The paper industry lost its battle with plastic grocery bags years ago, without a struggle. By unanimous decision it also lost the fight with plastics for the consumer milk jug market, as well as (more recently) containers for fruit juices and just about every other liquid humans consume regularly, including water.
In today's grocery stores, discount superstores, and drug/convenience stores, more and more stuff is being packaged in plastic bottles and jugs, from barbecue sauce and washing powder to cat food. The gates of plastic hell have opened wide these past few years.
When it comes to resisting competition from alternative packaging, paper has always been the canvas back kid. Sure, some paper cartons can still be found on refrigerated grocery shelves—soy milk (and other disgusting non-dairy substitutes), coffee creamers, whipping cream, buttermilk, eggnog, egg substitutes, etc. But where it really counts, where the shopper's hand meets the big cold handle, plastic jugs rule supreme across this country.
Fortunately, paper has more or less held its own in frozen food packaging over the years, thanks to ingenious composite materials technology and the fact that it's hard to thaw/heat foods in all-plastic containers without warping them and producing unattractive odors and tastes. Most plastics don't make good cooking utensils.

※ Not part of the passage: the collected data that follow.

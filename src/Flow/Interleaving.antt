-- ===== src/Flow/Interleaving.antt =====
-- The cores at work on one flow table, one critical section after the other in any order.
use sec_fw.Common.{ℕ, ◌≡◌, ◌≢◌, List, [], ◌∷◌, ◌++◌, Option, none}
use sec_fw.Mbuf.{Mbuf}
use sec_fw.Flow.{
  FlowTable, AgeContext, flow_init, flow_lookup, flow_add, mbuf_hash, flow_age_timeout_cb,
}
use sec_fw.Flow.Table.{IsValid, flow_init-IsValid, flow_lookup-IsValid, flow_add-IsValid}
use sec_fw.Flow.Ageing.{flow_age_timeout_cb-survivors}

-- The table, and the packets whose first lookup found nothing and whose FlowAdd is still to come.
pub record World : Type 0 where
  pub table : FlowTable
  pub missed : List Mbuf

-- Between the two critical sections of FlowGetFlowFromHash, which the lock of the bucket keeps apart, other
-- cores may take any step.
pub data Step : World → World → Type 0 where
  hit :
      (w : World) (now : ℕ) (m : Mbuf)
      → (flow_lookup now w.table (mbuf_hash m) m).0 ≢ none
      → Step w (record w { table = (flow_lookup now w.table (mbuf_hash m) m).1 })
  miss :
      (w : World) (now : ℕ) (m : Mbuf)
      → (flow_lookup now w.table (mbuf_hash m) m).0 ≡ none
      → Step w
          (record { table = (flow_lookup now w.table (mbuf_hash m) m).1; missed = m ∷ w.missed })
  add :
      (w : World) (cpu now : ℕ) (slice : Option ℕ) (before : List Mbuf) (m : Mbuf)
      (after : List Mbuf)
      → w.missed ≡ before ++ m ∷ after
      → Step w (record {
        table = (flow_add cpu now w.table (mbuf_hash m) slice m).table;
        missed = before ++ after;
      })
  age :
      (w : World) (c : AgeContext) → Step w (record w { table = (flow_age_timeout_cb c w.table).0 })

pub data Reach : World → Type 0 where
  start : Reach (record { table = flow_init; missed = [] })
  next : {v w : World} → Reach v → Step v w → Reach w

Step-IsValid : {v w : World} → Step v w → IsValid v.table → IsValid w.table
Step-IsValid (hit w now m h) valid = flow_lookup-IsValid now w.table m valid
Step-IsValid (miss w now m h) valid = flow_lookup-IsValid now w.table m valid
Step-IsValid (add w cpu now slice before m after h) valid =
    flow_add-IsValid cpu now w.table slice m valid
Step-IsValid (age w c) valid = (flow_age_timeout_cb-survivors c w.table valid).0

-- However the cores interleave, the table holds at most one flow of each connection, and it lies in the
-- bucket of its hash.
pub reachable-IsValid : (w : World) → Reach w → IsValid w.table
reachable-IsValid w start = flow_init-IsValid
reachable-IsValid w (next r s) = Step-IsValid s (reachable-IsValid _ r)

Other paper products that have continued to do OK against competition include, of course, tissue and toweling. Plastic doesn't have (yet) a product to compete with paper towels and toilet tissue, though who knows what the future might bring. But one determined, dangerous competitor lurking around the AFH (away from home) hand towel market for a half century at least does warrant more careful attention these days.
Electric Tissue
I once did a column on electric hand dryers that used an engineering company's exclusive calculations to show that, on a per-dry-hands basis, paper towels were considerably less costly than electric dryers. That was in the 1970s when the U.S. and most of the western world was suffering a severe energy crisis. For that matter, it appears to be on the threshold of a similar crisis today.
It wasn't even close in the '70s and '80s. Electric hand dryers with high wattage elements and high capacity fans simply were not energy efficient, especially multiplied by several thousand dryings per week per unit. But the technology has evolved recently.

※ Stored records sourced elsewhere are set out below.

-- ===== src/Flow/Uses.antt =====
-- FlowHandlePacket, the release of a packet, and the ageing keep the use counts right.
use sec_fw.Common.{
  ℕ, suc, ◌+◌, ◌-◌, ◌%◌, ◌^◌, ◌≤◌, ◌<◌, ◌≡◌, ◌≢◌, refl, sym, inl, inr, ap, subst, ◌∙◌, Bool, not,
  Bool-cases, ==_self, ==_of_ne, ◌==◌, List, [], ◌∷◌, ◌++◌, map, length, Option, some, Option-cases,
  some-inj, arith,
}
use sec_fw.Mbuf.{Mbuf}
use sec_fw.Flow.{FlowItem, FlowTable, flow_lookup, flow_get_flow_from_hash, mbuf_hash, AgeContext}
use sec_fw.Flow.Table.{flow_get_hit, flow_get_miss}
use sec_fw.Flow.Ageing.{select, goes, referred-stays}
use sec_fw.Flow.Reference.{add_use, flow_incr_usecnt, flow_decr_usecnt}
use sec_fw.Flow.InUse.{
  refers, uses, at_addr, CountedBy, IsCounted, FreshFor, Got, lookup-IsCounted, lookup-there,
  add-Got,
}

pub get-Got :
    (cpu now : ℕ) (t : FlowTable) (slice : Option ℕ) (packets : List Mbuf) (m : Mbuf)
    → IsCounted t packets
    → FreshFor slice packets
    → Got packets (flow_get_flow_from_hash cpu now t slice m)
unfolding flow_lookup
get-Got cpu now t slice packets m c fresh =
    elim (Option-cases (flow_lookup now t (mbuf_hash m) m).0) [
      | inl e ↦ rw (flow_get_miss cpu now t slice m e) (
          add-Got now (flow_lookup now t (mbuf_hash m) m).1 packets m
            (lookup-IsCounted now t packets m c) cpu slice fresh)
      | inr (f, e) ↦ rw (flow_get_hit cpu now t slice m f e) (record {
        still = lookup-IsCounted now t packets m c;
        there = λ g k.
            subst
              (λ x. (h : ℕ) × (at_addr x.addr ((flow_lookup now t (mbuf_hash m) m).1.bucket h) ≢ 0))
              (some-inj k) (lookup-there now t packets m c f e);
      })
    ]

pub uses-length : (a : ℕ) (packets : List Mbuf) → uses a packets ≤ length packets
unfolding uses
uses-length a [] = omega arith
uses-length a (m ∷ ms) = elim (Option-cases m.flow) [
  | inl e ↦ rw e (omega (arith, uses-length a ms))
  | inr (b, e) ↦ elim (Bool-cases (a == b)) [
    | inl k ↦ rw (e, k) (omega (arith, uses-length a ms))
    | inr k ↦ rw (e, k) (omega (arith, uses-length a ms))
  ]
]

-- A change of the counts at one address.
map-at_addr : (n a b : ℕ) (fs : List FlowItem) → at_addr b (map (add_use n a) fs) ≡ at_addr b fs
unfolding at_addr
map-at_addr n a b [] = refl
map-at_addr n a b (f ∷ fs) = elim (Bool-cases (f.addr == a)) [
  | inl e ↦ rw e (omega (arith, map-at_addr n a b fs))
  | inr e ↦ rw e (omega (arith, map-at_addr n a b fs))
]

map-CountedBy :
    (n a : ℕ) (old new : ℕ → ℕ)
    → ((old a + n) % 2 ^ 32 ≡ new a)
    → ((b : ℕ) → b ≢ a → old b ≡ new b)
    → (fs : List FlowItem) → CountedBy old fs
    → CountedBy new (map (add_use n a) fs)
map-CountedBy n a old new here there [] c = c
map-CountedBy n a old new here there (f ∷ fs) (c, cs) = elim (Bool-cases (f.addr == a)) [
  | inl e ↦
      let fa : f.addr ≡ a = ground arith in
      rw e (
        ap (λ x. (x + n) % 2 ^ 32) (c ∙ ap old fa) ∙ here ∙ sym (ap new fa),
        map-CountedBy n a old new here there fs cs,
      )
  | inr e ↦ rw e (c ∙ there f.addr (ground arith), map-CountedBy n a old new here there fs cs)
]

-- One more packet refers to a flow of the table.
pub incr-IsCounted :
    (t : FlowTable) (packets : List Mbuf) (m : Mbuf) (addr : ℕ)
    → IsCounted t packets
    → suc (length packets) < 2 ^ 31
    → m.flow ≡ some addr
    → (h : ℕ) × (at_addr addr (t.bucket h) ≢ 0)
    → IsCounted (flow_incr_usecnt addr t) (m ∷ packets)
unfolding flow_incr_usecnt uses
incr-IsCounted t packets m addr c few e (h, at_h) = record {
  counted = λ k.
      map-CountedBy 1 addr (λ a. uses a packets) (λ a. refers a m + uses a packets)
        (rw (e, ==_self addr) (omega (arith, uses-length addr packets)))
        (λ b n. rw (e, ==_of_ne b addr n) (omega arith)) (t.bucket k) (c.counted k);
  present = λ a u. elim (Bool-cases (a == addr)) [
    | inl k ↦
        let ad : addr ≡ a = ground arith in
        (
          h,
          λ z. at_h (
              sym (map-at_addr 1 addr addr (t.bucket h))
              ∙ subst (λ x. at_addr x (map (add_use 1 addr) (t.bucket h)) ≡ 0) (sym ad) z),
        )
    | inr k ↦
        let (j, at_j) = c.present a (λ z. u (rw (e, k) (omega (arith, z)))) in
        (j, λ z. at_j (sym (map-at_addr 1 addr a (t.bucket j)) ∙ z))
  ];
}

pub uses-middle :
    (a : ℕ) (before : List Mbuf) (m : Mbuf) (after : List Mbuf)
    → uses a (before ++ m ∷ after) ≡ uses a (before ++ after) + refers a m
unfolding uses
uses-middle a [] m after = omega arith
uses-middle a (x ∷ before) m after = omega (arith, uses-middle a before m after)

-- A packet that referred to a flow is gone.
pub decr-IsCounted :
    (t : FlowTable) (before : List Mbuf) (m : Mbuf) (after : List Mbuf) (addr : ℕ)
    → IsCounted t (before ++ m ∷ after)
    → length (before ++ m ∷ after) < 2 ^ 31
    → m.flow ≡ some addr
    → IsCounted (flow_decr_usecnt addr t) (before ++ after)
unfolding flow_decr_usecnt
decr-IsCounted t before m after addr c few e =
    let one : (a : ℕ) → uses a (before ++ m ∷ after) ≡ uses a (before ++ after) + refers a m =
      λ a. uses-middle a before m after in
    let at_self : refers addr m ≡ 1 = rw (e, ==_self addr) refl in
    let elsewhere : (b : ℕ) → b ≢ addr → refers b m ≡ 0 = λ b n. rw (e, ==_of_ne b addr n) refl in
    record {
      counted = λ k.
          map-CountedBy (2 ^ 32 - 1) addr (λ a. uses a (before ++ m ∷ after))
            (λ a. uses a (before ++ after))
            (omega (arith, one addr, at_self, uses-length addr (before ++ m ∷ after)))
            (λ b n. omega (arith, one b, elsewhere b n)) (t.bucket k) (c.counted k);
      present = λ a u.
          let (j, at_j) = c.present a (omega (arith, one a)) in
          (j, λ z. at_j (sym (map-at_addr (2 ^ 32 - 1) addr a (t.bucket j)) ∙ z));
    }

-- The ageing keeps the flows that packets refer to.
pub select-kept :
    (c : AgeContext) (j a : ℕ) (n : ℕ → ℕ) (fs : List FlowItem)
    → CountedBy n fs
    → n a ≢ 0
    → n a < 2 ^ 31
    → at_addr a (select (λ f. not (goes c j f)) fs) ≡ at_addr a fs
unfolding select at_addr
select-kept c j a n [] k u b = refl
select-kept c j a n (f ∷ fs) (k, ks) u b = elim (Bool-cases (f.addr == a)) [
  | inl e ↦
      let fa : f.addr ≡ a = ground arith in
      let used : f.use_cnt ≡ n a = k ∙ ap n fa in
      rw (referred-stays c j f (omega (arith, used)) (omega (arith, used)), e)
        (omega (arith, select-kept c j a n fs ks u b))
  | inr e ↦ elim (Bool-cases (goes c j f)) [
    | inl g ↦ rw (g, e) (omega (arith, select-kept c j a n fs ks u b))
    | inr g ↦ rw (g, e) (omega (arith, select-kept c j a n fs ks u b))
  ]
]

pub select-CountedBy :
    (test : FlowItem → Bool) (n : ℕ → ℕ) (fs : List FlowItem)
    → CountedBy n fs
    → CountedBy n (select test fs)
unfolding select
select-CountedBy test n [] k = k
select-CountedBy test n (f ∷ fs) (k, ks) = elim (Bool-cases (test f)) [
  | inl e ↦ rw e (k, select-CountedBy test n fs ks)
  | inr e ↦ rw e (select-CountedBy test n fs ks)
]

In fact, reading through literature on some of the newer hand dryers, I was amazed at how far and fast electric hand drying appears to have come in the past four or five years. If you can believe even some of the promotional materials, one unit in particular offers a 90% - 95% direct monthly savings compared with the purchase/shipping costs for paper hand towels, and a per-unit payback of only a couple of months.

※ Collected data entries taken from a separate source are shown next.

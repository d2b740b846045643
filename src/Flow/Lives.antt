-- ===== src/Flow/Lives.antt =====
-- The life of a packet: FlowHandlePacket gives it a flow, l7_deliver has it, and packet_recycle lets the
-- flow go; the ageing runs in between.
use sec_fw.Common.{
  ℕ, suc, ◌^◌, ◌≤◌, ◌<◌, ◌≡◌, refl, ap, sym, inl, inr, subst, ◌∙◌, not, List, [], ◌∷◌, ◌++◌, length,
  Option, none, some, Option-cases, bit_or, ◌==◌, Bool-cases, arith,
}
use sec_fw.Mbuf.{Mbuf}
use sec_fw.Flow.{
  FlowItem, FlowTable, flow_init, flow_get_flow_from_hash, AgeContext, flow_age_timeout_cb,
}
use sec_fw.Flow.Ageing.{goes, flow_age-either}
use sec_fw.Flow.Reference.{
  flow_incr_usecnt, flow_decr_usecnt, flow_reference, flow_de_reference, Handled,
  flow_handle_packet, pkt_has_flow,
}
use sec_fw.Flow.InUse.{uses, at_addr, CountedBy, IsCounted, FreshFor}
use sec_fw.Flow.Uses.{
  get-Got, uses-length, incr-IsCounted, decr-IsCounted, uses-middle, select-kept, select-CountedBy,
}

-- The packets under way after FlowHandlePacket.
unfoldable pub under_way : Handled → List Mbuf → List Mbuf
under_way r packets = elim r.delivered [ none ↦ packets | some m ↦ m ∷ packets ]

-- The pool hands out no slice that is a flow of the table.
abbrev pub NotHeld : Option ℕ → FlowTable → Type 0
NotHeld none t = Unit
NotHeld (some addr) t = (h : ℕ) → at_addr addr (t.bucket h) ≡ 0

-- A packet comes in with no flow, a packet is freed, or the ageing runs. At most 2 ^ 31 - 1 packets are
-- under way, as many as an int32_t counts.
pub data Reach : FlowTable → List Mbuf → Type 0 where
  start : Reach flow_init []
  handled :
      (t : FlowTable) (packets : List Mbuf) (cpu now : ℕ) (slice : Option ℕ) (m : Mbuf)
      → Reach t packets
      → suc (length packets) < 2 ^ 31
      → m.flow ≡ none
      → NotHeld slice t
      → Reach
          (flow_handle_packet cpu now t slice m).table
          (under_way (flow_handle_packet cpu now t slice m) packets)
  freed :
      (t : FlowTable) (before : List Mbuf) (m : Mbuf) (after : List Mbuf)
      → Reach t (before ++ m ∷ after)
      → Reach (flow_de_reference m t).1 (before ++ after)
  aged :
      (t : FlowTable) (packets : List Mbuf) (c : AgeContext)
      → Reach t packets
      → Reach (flow_age_timeout_cb c t).0 packets

flow_de_reference-some :
    (m : Mbuf) (t : FlowTable) (addr : ℕ)
    → m.flow ≡ some addr
    → (flow_de_reference m t).1 ≡ flow_decr_usecnt addr t
unfolding flow_de_reference
flow_de_reference-some m t addr e = rw (flow_de_reference, e) refl

flow_de_reference-none : (m : Mbuf) (t : FlowTable) → m.flow ≡ none → (flow_de_reference m t).1 ≡ t
unfolding flow_de_reference
flow_de_reference-none m t e = rw (flow_de_reference, e) refl

flow_reference-none :
    (m : Mbuf) (addr : ℕ) (t : FlowTable)
    → m.flow ≡ none
    → flow_reference m addr t ≡ (record m { flow = some addr }, flow_incr_usecnt addr t)
unfolding flow_reference
flow_reference-none m addr t e = simp (flow_reference, e)

flow_handle_packet-none :
    (cpu now : ℕ) (t : FlowTable) (slice : Option ℕ) (m : Mbuf)
    → (flow_get_flow_from_hash cpu now t slice m).flow ≡ none
    → m.flow ≡ none
    → flow_handle_packet cpu now t slice m
      ≡ record { delivered = none; table = (flow_get_flow_from_hash cpu now t slice m).table }
unfolding flow_handle_packet
flow_handle_packet-none cpu now t slice m e k =
    let found = (flow_get_flow_from_hash cpu now t slice m).table in
    rw (flow_handle_packet, e)
      (λ i. record { delivered = none; table = flow_de_reference-none m found k i })

flow_handle_packet-some :
    (cpu now : ℕ) (t : FlowTable) (slice : Option ℕ) (m : Mbuf) (f : FlowItem)
    → (flow_get_flow_from_hash cpu now t slice m).flow ≡ some f
    → m.flow ≡ none
    → flow_handle_packet cpu now t slice m ≡ record {
      delivered = some (record m { flow = some f.addr; flags = bit_or m.flags pkt_has_flow });
      table = flow_incr_usecnt f.addr (flow_get_flow_from_hash cpu now t slice m).table;
    }
unfolding flow_handle_packet
flow_handle_packet-some cpu now t slice m f e k =
    let found = (flow_get_flow_from_hash cpu now t slice m).table in
    rw (flow_handle_packet, e, flow_reference-none m f.addr found k) refl

NotHeld-FreshFor :
    (slice : Option ℕ) (t : FlowTable) (packets : List Mbuf)
    → IsCounted t packets
    → NotHeld slice t
    → FreshFor slice packets
NotHeld-FreshFor none t packets c n = _
NotHeld-FreshFor (some addr) t packets c n = elim (Bool-cases (uses addr packets == 0)) [
  | inl e ↦ ground arith
  | inr e ↦ let (h, at_h) = c.present addr (ground arith) in absurd (at_h (n h))
]

flow_handle_packet-IsCounted :
    (cpu now : ℕ) (t : FlowTable) (slice : Option ℕ) (packets : List Mbuf) (m : Mbuf)
    → IsCounted t packets
    → suc (length packets) < 2 ^ 31
    → m.flow ≡ none
    → FreshFor slice packets
    → IsCounted
        (flow_handle_packet cpu now t slice m).table
        (under_way (flow_handle_packet cpu now t slice m) packets)
unfolding under_way
flow_handle_packet-IsCounted cpu now t slice packets m c few free fresh =
    let got = get-Got cpu now t slice packets m c fresh in
    elim (Option-cases (flow_get_flow_from_hash cpu now t slice m).flow) [
      | inl e ↦ rw (flow_handle_packet-none cpu now t slice m e free) got.still
      | inr (f, e) ↦ rw (flow_handle_packet-some cpu now t slice m f e free) (
          incr-IsCounted (flow_get_flow_from_hash cpu now t slice m).table packets
            (record m { flow = some f.addr; flags = bit_or m.flags pkt_has_flow }) f.addr got.still
            few refl (got.there f e))
    ]

-- The end of a packet with no flow.
drop-IsCounted :
    (t : FlowTable) (before : List Mbuf) (m : Mbuf) (after : List Mbuf)
    → IsCounted t (before ++ m ∷ after)
    → m.flow ≡ none
    → IsCounted t (before ++ after)
drop-IsCounted t before m after c e =
    let same : (a : ℕ) → uses a (before ++ m ∷ after) ≡ uses a (before ++ after) =
      λ a. uses-middle a before m after ∙ rw e (omega arith) in
    record {
      counted = λ h. subst (λ n. CountedBy n (t.bucket h)) (λ i a. same a i) (c.counted h);
      present = λ a u. c.present a (λ z. u (sym (same a) ∙ z));
    }

flow_de_reference-IsCounted :
    (t : FlowTable) (before : List Mbuf) (m : Mbuf) (after : List Mbuf)
    → IsCounted t (before ++ m ∷ after)
    → length (before ++ m ∷ after) < 2 ^ 31
    → IsCounted (flow_de_reference m t).1 (before ++ after)
flow_de_reference-IsCounted t before m after c few = elim (Option-cases m.flow) [
  | inl e ↦ rw (flow_de_reference-none m t e) (drop-IsCounted t before m after c e)
  | inr (addr, e) ↦
      rw (flow_de_reference-some m t addr e) (decr-IsCounted t before m after addr c few e)
]

flow_age-IsCounted :
    (c : AgeContext) (t : FlowTable) (packets : List Mbuf)
    → IsCounted t packets
    → length packets < 2 ^ 31
    → IsCounted (flow_age_timeout_cb c t).0 packets
flow_age-IsCounted c t packets k few = record {
  counted = λ j. elim (flow_age-either c t j) [
    | inl e ↦
        rw e (
          select-CountedBy (λ f. not (goes c j f)) (λ a. uses a packets) (t.bucket j) (k.counted j))
    | inr e ↦ rw e (k.counted j)
  ];
  present = λ a u.
      let (j, at_j) = k.present a u in
      (
        j,
        elim (flow_age-either c t j) [
          | inl e ↦ rw e (λ z. at_j (
              sym (
                select-kept c j a (λ b. uses b packets) (t.bucket j) (k.counted j) u
                  (omega (arith, uses-length a packets)))
              ∙ z))
          | inr e ↦ rw e at_j
        ],
      );
}

length-under_way :
    (r : Handled) (packets : List Mbuf) → length (under_way r packets) ≤ suc (length packets)
unfolding under_way
length-under_way r packets = elim (Option-cases r.delivered) [
  | inl e ↦ rw (under_way, e) (omega arith)
  | inr (m, e) ↦ rw (under_way, e) (omega arith)
]

length-middle :
    (before : List Mbuf) (m : Mbuf) (after : List Mbuf)
    → length (before ++ m ∷ after) ≡ suc (length (before ++ after))
length-middle [] m after = refl
length-middle (x ∷ before) m after = ap suc (length-middle before m after)

Reach-length : {t : FlowTable} {packets : List Mbuf} → Reach t packets → length packets < 2 ^ 31
Reach-length start = omega arith
Reach-length (handled t packets cpu now slice m r few free pool) =
    omega (arith, few, length-under_way (flow_handle_packet cpu now t slice m) packets)
Reach-length (freed t before m after r) =
    omega (arith, Reach-length r, length-middle before m after)
Reach-length (aged t packets c r) = Reach-length r

-- However packets come in and are freed and the ageing runs, the use count of every flow is the number of
-- packets under way that refer to it, and the flow that such a packet refers to is in the table.
pub reachable-IsCounted :
    (t : FlowTable) (packets : List Mbuf) → Reach t packets → IsCounted t packets
unfolding uses
reachable-IsCounted t packets start = record { counted = λ h. _; present = λ a u. absurd (u refl) }
reachable-IsCounted t packets (handled s under cpu now slice m r few free pool) =
    let c = reachable-IsCounted s under r in
    flow_handle_packet-IsCounted cpu now s slice under m c few free
      (NotHeld-FreshFor slice s under c pool)
reachable-IsCounted t packets (freed s before m after r) =
    flow_de_reference-IsCounted s before m after (reachable-IsCounted s (before ++ m ∷ after) r)
      (Reach-length r)
reachable-IsCounted t packets (aged s under c r) =
    flow_age-IsCounted c s under (reachable-IsCounted s under r) (Reach-length r)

To prove it, the manufacturer's website provides a program that will make an interesting (though questionable) comparative calculation based on your actual cost inputs (for tissue products, energy, etc.). I tried the program, using unrealistic cheap towel costs and high KWH energy prices. The dryer won every time, by at least 75%.
Instead of 30 – 45 sec drying sessions, the newer units do it in a total of 10 – 15 sec. Using 15-1mp service, most employ a very high, unheated air blast to blow away 75% or more of the water from a user's hands, followed by only a few seconds of heated air to dry residual moisture. The resulting cost is only a fraction of that with older conventional dryers.
Although much of this promotional hype is very questionable, it's not likely that the canvas back kid will do anything but take another dive as competition heats up. In the meantime, I am seeing a startling number of these new units in big restaurants, public sports arenas/stadiums, hotels, convention centers, etc.
Maybe it's time, this time, to wake up and smell the ozone.